Sunday, May 13, 2012

Chapatis

Well first thing's first; this post is my 300th on this blog, a milestone of which I'm quite proud.  I have no intention of stopping any time soon, but please refer friends and family this way whenever they think a vegan diet is a limited one; at this point, it would take them nearly a year just to make everything I've posted.

Tonight, I wanted to go back to an idea I played around with last May, pairing Indian flatbread with an accompanying condiment.  Last year it was dosas and chutney, and tonight, I tried my hand at making chapatiChapati is an unleavened bread, distinguished from roti by the inclusion of whole wheat flour.  Stay tuned for an accompanying sauce to serve with this bread.

Ingredients:
  • 1 cup whole wheat flour
  • 3/4 cup bread flour
  • 1 teaspoon fine sea salt
  • 3/4 cup warm water (between 100 and 110 degrees)
  • 2 tablespoons olive oil
1. Lightly spoon both flours into dry measuring cups and level with a knife.  Combine the flours in a bowl with the sea salt.

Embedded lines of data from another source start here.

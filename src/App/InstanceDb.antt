-- ===== src/App/InstanceDb.antt =====
-- internal/app/instance_db.go: the database of an instance, opened and migrated, and closed again by the
-- deferred function of the command that works on it.
pub mod Closed
pub mod Work
use jobsd.Common.{List, Option, String, ℤ}
use jobsd.Common.Text.{Runes}
use jobsd.Result.{Result, ok, err, hang}
use jobsd.Action.{Action, lift, ◌>>=◌, ◌>>◌}
use jobsd.Domain.{Time}
use jobsd.Sqlite.{Tables}
use jobsd.Sqlite.Engine.{Db}
use jobsd.Sqlite.Migrate.{Entry, migrate}
use jobsd.Output.{Terminal}
use jobsd.Config.{Places, resolve_paths}
use jobsd.Daemon.Server.{World, on_db, open_database, close_database, close_on_error}

-- where the files of instances are, and what Migrate works with
pub record Setup : Type 0 where
  pub places : Places
  pub script : String → Tables → Result (Unit {0} × Tables)
  pub applied_at : ℤ → Time
  pub atoi : Runes → Option ℤ
  pub entries : List Entry

-- openInstanceDB
unfoldable pub open_instance_db : Setup → String → Action World Unit
unfolding open_database
open_instance_db s name = do
  paths ← lift (resolve_paths s.places name)
  open_database
  λ w. close_on_error (on_db (migrate s.script s.applied_at s.atoi s.entries) w)

-- a process that runs a command, and its standard output
pub record Session : Type 0 where
  pub world : World
  pub terminal : Terminal

abbrev pub on_world : {A : Type 0} → Action World A → Action Session A
on_world m c = let out = m c.world in (out.0, record c { world = out.1 })

abbrev pub on_terminal : {A : Type 0} → Action Terminal A → Action Session A
on_terminal m c = let out = m c.terminal in (out.0, record c { terminal = out.1 })

-- the work with the database, and the printing of what it returns
abbrev pub work_and_print :
    {A : Type 0} → Action Db A → (A → Action Terminal Unit) → Action Session Unit
work_and_print work print = on_world (on_db work) >>= λ a. on_terminal (print a)

-- `defer cleanup()`, which a command that never ends does not come to
abbrev pub closing : Result (Unit {0}) × Session → Result (Unit {0}) × Session
closing (ok a, c) = (ok a, record c { world = (close_database c.world).1 })
closing (err e, c) = (err e, record c { world = (close_database c.world).1 })
closing (hang, c) = (hang, c)

-- what every command does with the database
unfoldable pub with_instance_db : Setup → String → Action Session Unit → Action Session Unit
unfolding open_instance_db
with_instance_db s name body = do on_world (open_instance_db s name); λ c. closing (body c)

2. Add the warm water and olive oil, and stir well.  Turn the dough out onto a lightly floured surface and knead gently just until smooth and elastic - you should only need a minute or two, as the dough is quite sticky.  Cover the dough and let it rest at room temperature for 1 hour.


Note: don't expect the dough to rise during this period; it's not a yeast bread, and by definition unleavened ('chappa' means flattened in Tamil).  I assumed this was more of a "rest" period for the gluten in the flour.  Other chapati recipes online, however, don't include the hour rest period, so if you're in a rush I'm tempted to say you could skip it.

3. Divide the dough into 8 equal portions, shaping each into a ball.  Let rest for 5 minutes.  Working with 1 portion at a time (and keeping the remaining dough covered to prevent it from drying), roll into a 6-inch circle on a lightly floured surface.  Repeat with the remaining dough.

4. Heat a large cast-iron skillet over medium-high heat.  Working with 1 dough portion at a time, cook for 4 minutes on each side; the chapatis should be lightly browned with dark spots.  Repeat with the remaining dough.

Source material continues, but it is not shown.